4.3 著眼專業性和挑戰性,創新圖書館學人才培養
信息資源管理研究有更多的學科交叉基因,需要多學科支持,人才培養既要打通學科壁壘,又要突出學科特點,守正創新。圖書館人才包括學術和實踐兩類人才。譬如,高校圖書館學科館員是外聯院系的實踐人才,既要有圖書館學知識,又要有對接專業的學科知識,對復合型人才的需求正是圖書館學人才培養的重點。圖書館學本科教育遇冷,有著更加清晰職業規劃的碩博士教育卻是熱狀態,是因為有更多發展可能的本科生看不到圖書館的職業前景,當藏書借書遇冷,甚至圖書分編外包,仍然培養大量的分類編目人員,圖書館如何容納得下,職業的前途在哪里?信息平臺、學術集市、信息眾籌眾包等服務的專業性和挑戰性抬高了圖書館學的技術門檻和學習成本,這樣的圖書館學人才培養會從過程中規避圖書館不要圖書館學畢業生從事圖書館工作的錯誤。學術人才的培養不妨著眼于物理圖書館與形式圖書館的關系、信息技術時代圖書館與人類的關系等命題的探討,這樣既有形而下也有形而上的思考。
5 結語
圖書館變成自修室,不是圖書館的主動改變,而是被動改變的結果。這未必是壞事,為何讀者選擇圖書館作為自修室,因為圖書館的儀式感。紙書遇冷,圖書館卻是巨資打造的熱狀態,基于儀式感的形式化轉向拯救了圖書館。建造圖書館呈現熱狀態,研究圖書館的圖書館學卻處于冷狀態,我們拿什么來拯救圖書館學?

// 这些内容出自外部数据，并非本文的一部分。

-- ===== src/Trace/Ports.antt =====
-- internal/trace/runner.go: the ports of a flow, and the rate at which probes are sent.
use flameping.Prelude.{
  ℕ, ◌+◌, ◌-◌, ◌/◌, ◌%◌, ◌^◌, ◌≤◌, ◌<◌, List, [], ◌∷◌, ltb, if◌then◌else◌, arith, All,
}
use flameping.Scheduler.Run.{fnv64a}
use native.Mathlib.Nat.{mod-lt}

-- `stableFlowPorts`, for the hash of a target's id: the base port and the source port.
unfoldable pub ports_of : ℕ → ℕ → ℕ × ℕ
ports_of value span = (
  if ltb 33434 (65535 - span) then 33434 + value % (65535 - span - 33434) else 33434,
  40000 + value / 2 ^ 32 % 20000,
)

unfoldable pub stable_flow_ports : List ℕ → ℕ → ℕ × ℕ
stable_flow_ports id span = ports_of (fnv64a 14695981039346656037 id) span

-- stableFlowPorts, for a span of at most 32100 ports and any target: the base port is at least 33434
-- and leaves room for the span below 65536, and the source port is from 40000 to 59999.
pub stable_flow_ports_lem :
    (id : List ℕ) (span : ℕ)
    → span ≤ 32100
    → (33434 ≤ (stable_flow_ports id span).0)
      × ((stable_flow_ports id span).0 + span < 2 ^ 16)
      × (40000 ≤ (stable_flow_ports id span).1)
      × ((stable_flow_ports id span).1 < 60000)
unfolding stable_flow_ports ports_of
stable_flow_ports_lem id span h = ground (
  arith,
  h,
  mod-lt (fnv64a 14695981039346656037 id) {m = 65535 - span - 33434} (omega (arith, h)),
)

-- The first part of `waitRate`, under its lock: the time at which the caller may send, and the new
-- `nextSend`.
unfoldable pub claim : ℕ → ℕ → ℕ → ℕ × ℕ
claim interval now next_send =
    let send_at = if ltb now next_send then next_send else now in (send_at, send_at + interval)

-- `time.Second / MaxPacketsPerSecond`.
unfoldable pub packet_interval : ℕ → ℕ
packet_interval rate = 10 ^ 9 / rate

-- Callers that come at the given times, one after the other.
unfoldable pub claims : ℕ → ℕ → List ℕ → List ℕ
claims interval next_send [] = []
claims interval next_send (now ∷ nows) =
    let (send_at, next_send') = claim interval now next_send in
    send_at ∷ claims interval next_send' nows

-- Each time is the given distance after the one before it, or more.
abbrev pub Spaced : ℕ → List ℕ → Type 0
Spaced distance [] = Unit
Spaced distance (t ∷ ts) = All (λ u. t + distance ≤ u) ts × Spaced distance ts

-- One time for each call, and not before it.
abbrev pub Later : List ℕ → List ℕ → Type 0
Later [] [] = Unit
Later (now ∷ nows) (t ∷ ts) = (now ≤ t) × Later nows ts
Later [] (t ∷ ts) = ⊥
Later (now ∷ nows) [] = ⊥

claims_from :
    (interval next_send bound : ℕ) (nows : List ℕ)
    → bound ≤ next_send
    → All (λ u. bound ≤ u) (claims interval next_send nows)
unfolding claims claim
claims_from interval next_send bound [] h = tt
claims_from interval next_send bound (now ∷ nows) h =
    let send_at = if ltb now next_send then next_send else now in
    (ground (arith, h), claims_from interval (send_at + interval) bound nows (ground (arith, h)))

-- waitRate, for callers that come at any times: each may send no earlier than it came, and any two
-- send times are at least the packet interval apart, in the order of the calls.
pub claims-Spaced :
    (rate next_send : ℕ) (nows : List ℕ)
    → Spaced (packet_interval rate) (claims (packet_interval rate) next_send nows)
      × Later nows (claims (packet_interval rate) next_send nows)
unfolding claims claim
claims-Spaced rate next_send [] = (tt, tt)
claims-Spaced rate next_send (now ∷ nows) =
    let send_at = if ltb now next_send then next_send else now in
    let (spaced, later) = claims-Spaced rate (send_at + packet_interval rate) nows in
    (
      (
        claims_from (packet_interval rate) (send_at + packet_interval rate)
            (send_at + packet_interval rate) nows (omega arith),
        spaced,
      ),
      (ground arith, later),
    )
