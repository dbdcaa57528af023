-- ===== src/Trace/Quoted.antt =====
-- internal/trace/raw.go: the UDP header that an ICMP message quotes.
use flameping.Prelude.{
  ℕ, ◌+◌, ◌*◌, ◌/◌, ◌%◌, ◌^◌, ◌≡◌, List, [], ◌∷◌, ◌++◌, Bool, true, false, Option, none, some,
  length, ltb, ◌==◌, not, ◌||◌, if◌then◌else◌, get_elem?, drop, drop-append, ap, subst, ◌∙◌,
  length-append, arith, suc, zero,
}

-- The two ports and the checksum; the length is skipped.
unfoldable pub header_fields : List ℕ → Option (ℕ × ℕ × ℕ)
header_fields (a ∷ b ∷ c ∷ d ∷ e ∷ f ∷ g ∷ h ∷ rest) =
    some (2 ^ 8 * a + b, 2 ^ 8 * c + d, 2 ^ 8 * g + h)
header_fields _ = none

abbrev pub at_least : ℕ → Option ℕ → ℕ
at_least otherwise none = otherwise
at_least otherwise (some b) = b

-- `quotedUDP`; `ipv4_header` is the length that `icmp.ParseIPv4Header` finds.
unfoldable pub quoted_udp : (List ℕ → Option ℕ) → Bool → List ℕ → Option (ℕ × ℕ × ℕ)
quoted_udp ipv4_header true bytes = elim (ipv4_header bytes) [
  | none ↦ none
  | some offset ↦
      if ltb (length bytes) (offset + 8) then none else header_fields (drop offset bytes)
]
quoted_udp ipv4_header false bytes =
    if ltb (length bytes) 40 || not (at_least 0 (get_elem? bytes 6) == 17)
    then none
    else if ltb (length bytes) (40 + 8)
    then none
    else header_fields (drop 40 bytes)

abbrev pub be_word : ℕ → List ℕ → List ℕ
be_word x rest = x / 2 ^ 8 ∷ x % 2 ^ 8 ∷ rest

-- A UDP header with its ports, length and checksum.
abbrev pub udp_header : ℕ → ℕ → ℕ → ℕ → List ℕ
udp_header source destination size checksum =
    be_word source (be_word destination (be_word size (be_word checksum [])))

get_elem?-append :
    (i : ℕ) (xs ys : List ℕ) {x : ℕ} → get_elem? xs i ≡ some x → get_elem? (xs ++ ys) i ≡ some x
get_elem?-append i [] ys h = ground (arith, h)
get_elem?-append zero (x ∷ xs) ys h = h
get_elem?-append (suc i) (x ∷ xs) ys h = get_elem?-append i xs ys h

header_fields-udp_header :
    (source destination size checksum : ℕ) (rest : List ℕ)
    → header_fields (udp_header source destination size checksum ++ rest)
      ≡ some (source, destination, checksum)
unfolding header_fields
header_fields-udp_header source destination size checksum rest = ground arith

-- quotedUDP reads back the ports and the checksum of a UDP header that follows the IP header, with any
-- more bytes after it: an IPv4 header of the length that is parsed, or an IPv6 header of 40 bytes that
-- names UDP as the next one.
pub quoted_udp-udp_header :
    (ipv4_header : List ℕ → Option ℕ) (is_4 : Bool) (front rest : List ℕ)
    (source destination size checksum : ℕ)
    → (if is_4
        then ipv4_header (front ++ (udp_header source destination size checksum ++ rest))
        else some 40)
      ≡ some (length front)
    → (if is_4 then some 17 else get_elem? front 6) ≡ some 17
    → quoted_udp ipv4_header is_4 (front ++ (udp_header source destination size checksum ++ rest))
      ≡ some (source, destination, checksum)
unfolding quoted_udp
quoted_udp-udp_header ipv4_header true front rest source destination size checksum h k =
    let packet = udp_header source destination size checksum ++ rest in
    let back = header_fields-udp_header source destination size checksum rest in
    ground (arith, h, length-append front packet, drop-append front packet, back)
quoted_udp-udp_header ipv4_header false front rest source destination size checksum h k =
    let packet = udp_header source destination size checksum ++ rest in
    let back = header_fields-udp_header source destination size checksum rest in
    let forty : length front ≡ 40 = ground (arith, h) in
    let rest_of : drop 40 (front ++ packet) ≡ packet =
      subst (λ n. drop n (front ++ packet) ≡ packet) forty (drop-append front packet) in
    ground (
      arith,
      forty,
      k,
      length-append front packet,
      get_elem?-append 6 front packet k,
      ap header_fields rest_of ∙ back,
    )
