-- ===== src/Trace/Scenarios.antt =====
-- internal/trace/runner.go and internal/trace/raw.go: a classic trace of a target two hops away, with two
-- probes for each hop and one hop in each window.
use flameping.Prelude.{
  ℕ, ◌+◌, ◌≡◌, refl, true, false, List, [], ◌∷◌, ◌++◌, none, some, leb, if◌then◌else◌, arith,
}
use mathlib.Core.List.{perm_append_comm}
use flameping.Trace.{Limits, Response, TraceProbe}
use flameping.Trace.Ports.{claims, packet_interval, claims-Spaced, Spaced, Later}
use flameping.Trace.Quoted.{quoted_udp, udp_header, quoted_udp-udp_header}
use flameping.Trace.Signature.{insert_hop, route_signature, route_signature-perm}
use flameping.Trace.Probes.{
  Flow, Env, Heard, response, leaves, TraceResult, trace_once, trace_loop, windows, send_hop,
  send_hops, send_at, listen, take_in, answer, put, lookup, delete, match_of, quoted_match,
  has_payload,
}
use flameping.Trace.Coverage.{After, Covers, trace_loop-Covers}
use flameping.Trace.Answers.{Genuine, Reaches, Told, trace_once-Genuine}

abbrev flow : Flow
flow = record {
  classic = true;
  source_addr = record { is_4 = true; bytes = 192 ∷ 0 ∷ 2 ∷ 1 ∷ [] };
  endpoint_addr = record { is_4 = true; bytes = 198 ∷ 51 ∷ 100 ∷ 7 ∷ [] };
  endpoint = 7;
  plain = λ address. address;
  base_port = 33434;
  source_port = 40000;
}

abbrev limits : Limits
limits = record { probes_per_hop = 2; max_hops = 5; pipeline_hops = 1; max_packets_per_second = 50 }

abbrev from_router : Response
from_router = record {
  source = 3;
  source_port = 40000;
  destination_port = 33436;
  checksum = 0;
  icmp_type = 11;
  icmp_code = 0;
  reached = false;
}

abbrev from_target : Response
from_target = record {
  source = 7;
  source_port = 40000;
  destination_port = 33437;
  checksum = 0;
  icmp_type = 3;
  icmp_code = 3;
  reached = true;
}

-- A response of another flow comes first.
abbrev heard_at : ℕ → List Heard
heard_at first =
    if leb first 1
    then response 12 (record from_target { source_port = 40001 }) ∷ response 15 from_router ∷ []
    else response 25 from_target ∷ []

abbrev env : Env
env = record { turn = λ sequence. leaves (10 + sequence); heard = heard_at }

-- The four probes in the order in which they leave; the second and the third are answered.
abbrev answered : List TraceProbe
answered =
    record { ttl = 1; index = 0; token = 1; sent_at = 10; reply = none }
    ∷ record {
      ttl = 1;
      index = 1;
      token = 2;
      sent_at = 11;
      reply = some (record { reply_at = 15; responder = 3; icmp_type = 11; icmp_code = 0 });
    }
    ∷ record {
      ttl = 2;
      index = 0;
      token = 3;
      sent_at = 12;
      reply = some (record { reply_at = 25; responder = 7; icmp_type = 3; icmp_code = 3 });
    }
    ∷ record { ttl = 2; index = 1; token = 4; sent_at = 13; reply = none }
    ∷ []

-- Probes of three hops, each answered from its own address.
abbrev get_probe : ℕ → TraceProbe
get_probe i = record {
  ttl = i + 1;
  index = 0;
  token = i;
  sent_at = 0;
  reply = some (record { reply_at = 9; responder = i; icmp_type = 11; icmp_code = 0 });
}

abbrev traced : TraceResult
traced = record {
  completed = true;
  probes = answered;
  reached_hop = 2;
  signature = (1, 3 ∷ []) ∷ (2, 7 ∷ []) ∷ [];
}

trace_once_run : trace_once flow limits env ≡ some traced
unfolding trace_once trace_loop windows send_hops send_hop send_at has_payload listen take_in answer
    put lookup delete match_of quoted_match route_signature insert_hop
trace_once_run = refl

trace_loop-Covers_example : After (Covers flow limits env) (trace_loop flow limits env)
trace_loop-Covers_example = trace_loop-Covers flow limits env (omega arith)

trace_once-Genuine_example :
    Genuine flow (Told env) traced.probes × Reaches flow (Told env) traced.probes traced.reached_hop
trace_once-Genuine_example = trace_once-Genuine flow limits env traced trace_once_run

-- The hops of the signature do not depend on which hop's probes come first.
route_signature-perm_example :
    route_signature ((get_probe 0 ∷ get_probe 1 ∷ []) ++ (get_probe 2 ∷ []))
    ≡ route_signature ((get_probe 2 ∷ []) ++ (get_probe 0 ∷ get_probe 1 ∷ []))
route_signature-perm_example =
    route_signature-perm ((get_probe 0 ∷ get_probe 1 ∷ []) ++ (get_probe 2 ∷ []))
      ((get_probe 2 ∷ []) ++ (get_probe 0 ∷ get_probe 1 ∷ []))
      (perm_append_comm (get_probe 0 ∷ get_probe 1 ∷ []) (get_probe 2 ∷ []))

claims-Spaced_example :
    Spaced (packet_interval 50) (claims (packet_interval 50) 0 (5 ∷ 6 ∷ 7 ∷ []))
    × Later (5 ∷ 6 ∷ 7 ∷ []) (claims (packet_interval 50) 0 (5 ∷ 6 ∷ 7 ∷ []))
claims-Spaced_example = claims-Spaced 50 0 (5 ∷ 6 ∷ 7 ∷ [])

-- An IPv4 header of twenty bytes, and a parser that finds it.
abbrev ipv4_front : List ℕ
ipv4_front =
    69 ∷ 0 ∷ 0 ∷ 34 ∷ 0 ∷ 0 ∷ 0 ∷ 0 ∷ 1 ∷ 17 ∷ 0 ∷ 0 ∷ 192 ∷ 0 ∷ 2 ∷ 1 ∷ 198 ∷ 51 ∷ 100 ∷ 7 ∷ []

quoted_udp-udp_header_example :
    quoted_udp (λ bytes. some 20) true (ipv4_front ++ (udp_header 40000 33437 14 7 ++ 70 ∷ []))
    ≡ some (40000, 33437, 7)
quoted_udp-udp_header_example =
    quoted_udp-udp_header (λ bytes. some 20) true ipv4_front (70 ∷ []) 40000 33437 14 7 refl refl
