-- ===== src/Lib.antt =====
-- KernelExplorer server: a verification library for the server of this repository.
--
-- The server accepts TCP connections from the tool `kesctl`. The bytes of a connection go into a
-- `ContinuousBuffer`; the `SessionHandler` of the connection counts braces to find the end of a JSON
-- request, and hands the text to the `RequestProcessor`. That reads the text into a `PropertyBag` with
-- the help of the registry of known properties, calls the handlers that are registered for the
-- request's key, and writes their response as JSON again. The files:
--
--   Prelude        tests on numbers, lists, integers, texts, outcomes of a call, hash maps
--   Buffer         include/kesrv/util/continuousbuffer.hxx: `create`, `push`, `pop`, `reset`, `data_ptr`;
--                  `push` is cut into `shift`, `enlarge` and `append`, the steps of its body
--   ReadBuffer     include/kesrv/util/readbuffer.hxx: the two buffers of a socket, and how onRead of
--                  src/kexplorer-server/tcpserver.hxx uses them
--   Session        src/kexplorer-server/sessionhandler.cxx: `open_session` and `process`, whose parts are
--                  `examine`, `scan`, `finish`, `dispatch` and `conclude`, and `fail` for the catch block
--   Crc32          include/kesrv/util/crc32.hxx: the table and the checksum that number properties
--   Property       include/kesrv/property.hxx: values and descriptions of properties
--   Registry       src/kesrv/knownprops.cxx: `register`, `lookup_id`, `lookup_name`
--   KnownProps     src/kesrv/init.cxx and the properties of include/kesrv that it registers
--   Bag            include/kesrv/propertybag.hxx, include/kesrv/util/requestutil.hxx
--   Bag/FromJson   src/kesrv/propertybag.cxx: JSON documents to bags
--   Bag/ToJson     src/kesrv/propertybag.cxx: bags to the calls of a JSON writer
--   Bag/RoundTrip  both halves: the document that a bag is written as (`document`, `Writes`)
--   Requests       src/kexplorer-server/requestprocessor.cxx, src/kesrv/util/requestutil.cxx
--   ProcFs         src/kesrv/processmgr/procfs.cxx: the readers of /proc
--   Client         src/kesctl/client.cxx: the connection, one command and its response
--   TcpServer      src/kexplorer-server/tcpserver.hxx: sessions as steps of completions
--   Server         src/kexplorer-server/main.cxx: TcpServer with a SessionHandler for each session and one
--                  RequestProcessor; `Stream` is what a session has received by the way
--   Exceptions     include/kesrv/exception.hxx, src/kesrv/util/exceptionutil.cxx
--   Logger         src/kexplorer-server/logger.cxx: the line of a message
--   Condition      include/kesrv/condition.hxx: the calls of many threads, cut where the mutex is free
--   AutoPtr        include/kesrv/util/autoptr.hxx, generichandle.hxx: owners of pointers
--   FixedString    include/kesrv/fixedstring.hxx
--   Address        src/kesrv/util/netutil.cxx: `split_address`
--   Handlers       src/kexplorer-server/globalcmdhandler.cxx, src/kesrv/processmgr/processmanager.cxx
--   Tests          runs at concrete inputs
--
-- How C++ is read. A `size_t` is a natural number with its wrap-around written out (`add_size`). A
-- `std::vector<char>` or a text is a list of bytes. A hash map is an association list; its order of
-- iteration is the order of the list, and theorems hold for every list. A call returns, ends the
-- process (`terminates`: an exception leaves a `noexcept` function) or has undefined behaviour
-- (`undefined`, such as a read past the end of a vector). An exception that a function catches is a
-- value of a result type. Assertions are off, as in a release build. A function that changes an object
-- returns the new one. Every loop of the models runs along a list, so no fuel is needed,
-- but for the fields of a stat line: each takes a byte at least, so the length of the text is enough
-- (`read_fields_fuel`); the digits of a number run on fuel that is more than the number (`decimal`),
-- and eight hexadecimal digits on eight.
--
-- Bounds. `IsValid` keeps the vector and the limit of a buffer under 2^62 bytes, and a call hands over
-- less than 2^62 bytes: then no sum of sizes wraps, and the program's sizes are 65536.
--
-- Arguments of the models, and not definitions: the JSON parser and its number classes
-- (`Environment.parse`, `Numbers`), whether it meets an error in bytes that no NUL follows
-- (`Environment.stops_within`), the text that a JSON writer makes of its calls (`Environment.render`), the
-- messages of exceptions (`Environment.what`), the order in which the multimap of the handlers iterates
-- after an insertion (`register_handler`), what of a response a socket takes before `async_write` returns
-- (`Link`), the contents of files, links and directories of /proc, `std::strtod`, and in `TcpServer` the
-- session handlers, which `Server` gives. `strtol` and `strtoul` are written out for decimal numbers in the
-- "C" locale with a 64-bit `long`.
--
-- How the parts meet. A completed read of the server hands bytes to a session handler; `Session` shows
-- what that does with them, `Requests` what becomes of a whole request (`process_at`: of what is at the
-- pointer that it is given, with a terminator or without), and `Server` puts the three together: bytes of the peer become a response that the peer is sent, if its socket takes the whole
-- response before `write` frees the text (`begin_write`). The process manager is given what
-- `ProcFs` reads (`observe`). The tool reads the responses with the same buffer and brace counter;
-- `Server/Exchange` follows a command from the tool to the server and its response back.
--
-- Not modelled: the files of the log, the command line and the daemon, the threads of iorunner.hxx, the
-- calls of vsnprintf in format.cxx, and the libraries of 3rd_party.
pub mod Address
pub mod AutoPtr
pub mod Bag
pub mod Buffer
pub mod Client
pub mod Condition
pub mod Crc32
pub mod Exceptions
pub mod FixedString
pub mod Handlers
pub mod KnownProps
pub mod Logger
pub mod Prelude
pub mod ProcFs
pub mod Property
pub mod ReadBuffer
pub mod Registry
pub mod Requests
pub mod Server
pub mod Session
pub mod TcpServer
pub mod Tests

“隨著豐裕社會的來臨,越來越多的剩余物在被‘去功用化或‘抑功用化處理,從而轉化為表意的形式”[22],這句話也可以用來闡釋圖書館或被迫或主動的轉型處境。所謂圖書館的危機其實是圖書館的轉型,如何轉型化解危機,需要我們洞悉這場危機的本質,進而提出有效的干預措施。從伊尼斯媒介偏倚[23]的視角審視當代圖書館正在面臨的這場變革,會發現圖書館的功能正在由偏倚時間的文化傳承向偏倚空間的信息散播位移(有些圖書館改叫圖書信息館),圖書館作為文化機構的偏倚時間的媒介屬性與作為信息組織的偏倚空間的媒介屬性之間正處于一種失衡狀態。化解圖書館危機的根本辦法是重構圖書館的功能與屬性,協調圖書館文化屬性與信息屬性之間的沖突,恢復其在偏倚時間的文化傳承與偏倚空間的信息散播之間的平衡狀態,加強圖書館的儀式化服務為這個矯正提供了理論基礎和操作空間,也為圖書館學在新語境下的開疆拓土找到了邊界和支撐點。
*本文系教育部研究規劃基金資助項目“面向空間改造的圖書館空間失效研究”(項目編號:23YJA870008)研究成果。